PROBLEM STATEMENT: Set down exactly the stretch of lines below that opens at the line containing "unfoldable pub get_channel" and continues through the last line of the entries, and nothing else.
· · · · · · ·
-- ===== src/Cable/Message/New.antt =====
-- The constructors of messages (`Message::post_request` to `Message::channel_list_response`).
use cable_rs.Base.{ℕ, List}
use cable_rs.Cable.Constants
use cable_rs.Cable.Message.{MessageBody, Message, RequestBody, ResponseBody, request, response}
use cable_rs.Cable.Types.{Channel, ChannelOptions, CircuitId, Hash, Payload, ReqId}

module _ (circuit_id : CircuitId) (req_id : ReqId) where
  -- `Message::new` with `MessageHeader::new`
  abbrev new : ℕ → MessageBody → Message
  new msg_type body = record {
    header = record { msg_type = msg_type; circuit_id = circuit_id; req_id = req_id };
    body = body;
  }

  unfoldable pub post_request : ℕ → List Hash → Message
  post_request ttl hashes = new Constants.post_request (request ttl (RequestBody.post hashes))

  unfoldable pub cancel_request : ℕ → ReqId → Message
  cancel_request ttl cancel_id =
      new Constants.cancel_request (request ttl (RequestBody.cancel cancel_id))

  unfoldable pub channel_time_range_request : ℕ → ChannelOptions → Message
  channel_time_range_request ttl opts = new Constants.channel_time_range_request (
      request ttl
        (RequestBody.channel_time_range opts.channel opts.time_start opts.time_end opts.limit))

  unfoldable pub channel_state_request : ℕ → Channel → ℕ → Message
  channel_state_request ttl channel future =
      new Constants.channel_state_request (request ttl (RequestBody.channel_state channel future))

  unfoldable pub channel_list_request : ℕ → ℕ → ℕ → Message
  channel_list_request ttl skip limit =
      new Constants.channel_list_request (request ttl (RequestBody.channel_list skip limit))

  unfoldable pub hash_response : List Hash → Message
  hash_response hashes = new Constants.hash_response (response (ResponseBody.hash hashes))

  unfoldable pub post_response : List Payload → Message
  post_response ps = new Constants.post_response (response (ResponseBody.posts ps))

  unfoldable pub channel_list_response : List Channel → Message
  channel_list_response cs =
      new Constants.channel_list_response (response (ResponseBody.channels cs))
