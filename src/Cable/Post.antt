-- ===== src/Cable/Post.antt =====
-- cable/src/post.rs: the types of posts. The encoding is in the modules below.
pub mod New
pub mod Encode
pub mod Decode
pub mod Sign
use cable_rs.Base.{ℕ, List, Option, none, some}
use cable_rs.Cable.Types.{Channel, Hash, PublicKey, Text, Timestamp, Topic, UserInfo}
use cable_rs.Cable.Constants

pub record PostHeader : Type 0 where
  pub public_key : PublicKey
  pub signature : List ℕ
  pub links : List Hash
  pub post_type : ℕ
  pub timestamp : Timestamp

pub data PostBody : Type 0 where
  text : Channel → Text → PostBody
  delete : List Hash → PostBody
  info : List UserInfo → PostBody
  topic : Channel → Topic → PostBody
  join : Channel → PostBody
  leave : Channel → PostBody
  unrecognized : ℕ → PostBody

pub record Post : Type 0 where
  pub header : PostHeader
  pub body : PostBody

abbrev pub body_channel : PostBody → Option Channel
body_channel (text channel _) = some channel
body_channel (delete _) = none
body_channel (info _) = none
body_channel (topic channel _) = some channel
body_channel (join channel) = some channel
body_channel (leave channel) = some channel
body_channel (unrecognized _) = none

unfoldable pub get_channel : Post → Option Channel
get_channel p = body_channel p.body

abbrev pub get_public_key : Post → PublicKey
get_public_key p = p.header.public_key

abbrev pub get_timestamp : Post → Timestamp
get_timestamp p = p.header.timestamp

-- `Post::post_type`, from the body and not from the header's field.
abbrev pub body_type : PostBody → ℕ
body_type (text _ _) = Constants.text_post
body_type (delete _) = Constants.delete_post
body_type (info _) = Constants.info_post
body_type (topic _ _) = Constants.topic_post
body_type (join _) = Constants.join_post
body_type (leave _) = Constants.leave_post
body_type (unrecognized post_type) = post_type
· · · · · · ·
RESULT FOR THIS TASK:
unfoldable pub get_channel : Post → Option Channel
get_channel p = body_channel p.body

abbrev pub get_public_key : Post → PublicKey
get_public_key p = p.header.public_key

abbrev pub get_timestamp : Post → Timestamp
get_timestamp p = p.header.timestamp

-- `Post::post_type`, from the body and not from the header's field.
abbrev pub body_type : PostBody → ℕ
body_type (text _ _) = Constants.text_post
body_type (delete _) = Constants.delete_post
body_type (info _) = Constants.info_post
body_type (topic _ _) = Constants.topic_post
body_type (join _) = Constants.join_post
body_type (leave _) = Constants.leave_post
body_type (unrecognized post_type) = post_type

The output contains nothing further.